• **The input**
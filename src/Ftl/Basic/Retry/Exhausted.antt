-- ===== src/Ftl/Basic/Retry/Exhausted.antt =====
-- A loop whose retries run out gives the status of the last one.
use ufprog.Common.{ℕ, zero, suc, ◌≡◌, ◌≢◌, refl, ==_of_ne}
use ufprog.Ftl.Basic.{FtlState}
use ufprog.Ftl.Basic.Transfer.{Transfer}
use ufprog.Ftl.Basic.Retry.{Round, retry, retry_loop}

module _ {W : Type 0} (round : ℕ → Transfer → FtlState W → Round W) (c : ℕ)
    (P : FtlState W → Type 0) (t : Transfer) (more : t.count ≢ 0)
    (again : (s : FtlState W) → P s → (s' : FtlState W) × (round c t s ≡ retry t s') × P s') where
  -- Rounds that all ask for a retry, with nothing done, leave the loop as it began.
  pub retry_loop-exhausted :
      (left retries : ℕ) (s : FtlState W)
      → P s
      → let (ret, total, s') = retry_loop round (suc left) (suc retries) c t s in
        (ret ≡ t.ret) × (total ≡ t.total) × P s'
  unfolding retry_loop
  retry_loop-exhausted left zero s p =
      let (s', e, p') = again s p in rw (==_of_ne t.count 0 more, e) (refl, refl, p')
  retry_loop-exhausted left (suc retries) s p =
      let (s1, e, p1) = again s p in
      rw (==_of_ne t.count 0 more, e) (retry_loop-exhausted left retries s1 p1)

---

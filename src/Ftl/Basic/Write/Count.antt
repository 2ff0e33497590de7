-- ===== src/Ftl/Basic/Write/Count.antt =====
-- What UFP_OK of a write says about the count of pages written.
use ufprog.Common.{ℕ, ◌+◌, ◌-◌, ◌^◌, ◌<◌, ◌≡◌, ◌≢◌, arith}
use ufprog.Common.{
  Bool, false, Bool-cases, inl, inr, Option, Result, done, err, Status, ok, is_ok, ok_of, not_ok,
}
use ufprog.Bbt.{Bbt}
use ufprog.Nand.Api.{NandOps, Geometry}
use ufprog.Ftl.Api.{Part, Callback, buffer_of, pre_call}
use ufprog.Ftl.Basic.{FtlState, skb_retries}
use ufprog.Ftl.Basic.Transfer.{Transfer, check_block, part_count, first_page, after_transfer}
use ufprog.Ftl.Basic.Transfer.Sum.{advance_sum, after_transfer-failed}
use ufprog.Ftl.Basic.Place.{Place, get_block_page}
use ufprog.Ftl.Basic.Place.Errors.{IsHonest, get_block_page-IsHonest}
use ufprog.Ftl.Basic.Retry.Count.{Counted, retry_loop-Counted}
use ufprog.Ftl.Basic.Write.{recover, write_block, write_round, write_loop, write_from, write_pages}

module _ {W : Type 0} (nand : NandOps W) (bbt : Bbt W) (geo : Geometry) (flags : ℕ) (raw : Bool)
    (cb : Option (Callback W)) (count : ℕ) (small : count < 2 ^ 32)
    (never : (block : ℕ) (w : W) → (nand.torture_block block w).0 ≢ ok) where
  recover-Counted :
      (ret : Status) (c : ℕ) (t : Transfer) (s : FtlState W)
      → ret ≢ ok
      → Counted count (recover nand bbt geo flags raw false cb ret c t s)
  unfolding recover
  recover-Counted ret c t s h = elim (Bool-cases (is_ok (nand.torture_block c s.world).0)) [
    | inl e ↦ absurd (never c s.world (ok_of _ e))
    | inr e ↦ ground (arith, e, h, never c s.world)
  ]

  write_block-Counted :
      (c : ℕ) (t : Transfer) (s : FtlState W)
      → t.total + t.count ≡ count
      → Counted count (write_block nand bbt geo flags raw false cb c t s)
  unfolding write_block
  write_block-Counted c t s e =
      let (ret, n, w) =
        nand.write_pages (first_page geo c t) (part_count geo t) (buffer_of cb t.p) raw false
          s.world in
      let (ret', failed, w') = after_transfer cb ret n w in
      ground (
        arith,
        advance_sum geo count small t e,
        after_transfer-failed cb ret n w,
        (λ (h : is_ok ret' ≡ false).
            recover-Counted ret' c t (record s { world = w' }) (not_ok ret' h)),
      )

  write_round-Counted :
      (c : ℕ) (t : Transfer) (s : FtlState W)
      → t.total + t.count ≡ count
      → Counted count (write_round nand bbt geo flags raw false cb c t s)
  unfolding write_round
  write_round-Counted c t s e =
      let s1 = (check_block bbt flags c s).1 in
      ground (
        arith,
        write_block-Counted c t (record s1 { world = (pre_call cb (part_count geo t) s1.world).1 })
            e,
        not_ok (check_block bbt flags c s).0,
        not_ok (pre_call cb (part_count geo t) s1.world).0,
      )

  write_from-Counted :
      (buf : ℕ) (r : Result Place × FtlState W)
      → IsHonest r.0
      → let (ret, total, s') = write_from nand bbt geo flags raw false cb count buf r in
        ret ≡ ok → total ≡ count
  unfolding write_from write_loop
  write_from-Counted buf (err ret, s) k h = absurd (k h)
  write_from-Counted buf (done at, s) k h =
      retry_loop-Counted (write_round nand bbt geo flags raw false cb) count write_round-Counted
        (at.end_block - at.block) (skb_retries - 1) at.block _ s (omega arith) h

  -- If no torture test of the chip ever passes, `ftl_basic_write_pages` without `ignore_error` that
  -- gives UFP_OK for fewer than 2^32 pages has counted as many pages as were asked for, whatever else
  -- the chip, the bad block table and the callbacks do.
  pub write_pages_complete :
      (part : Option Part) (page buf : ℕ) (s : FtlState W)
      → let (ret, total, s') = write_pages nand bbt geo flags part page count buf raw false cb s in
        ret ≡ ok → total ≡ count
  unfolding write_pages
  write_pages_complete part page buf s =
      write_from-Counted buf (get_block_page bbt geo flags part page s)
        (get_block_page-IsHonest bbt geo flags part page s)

• **The task**
Say how many lines of the material above contain the string "Common". Write nothing but the number.

• **Answer section**
3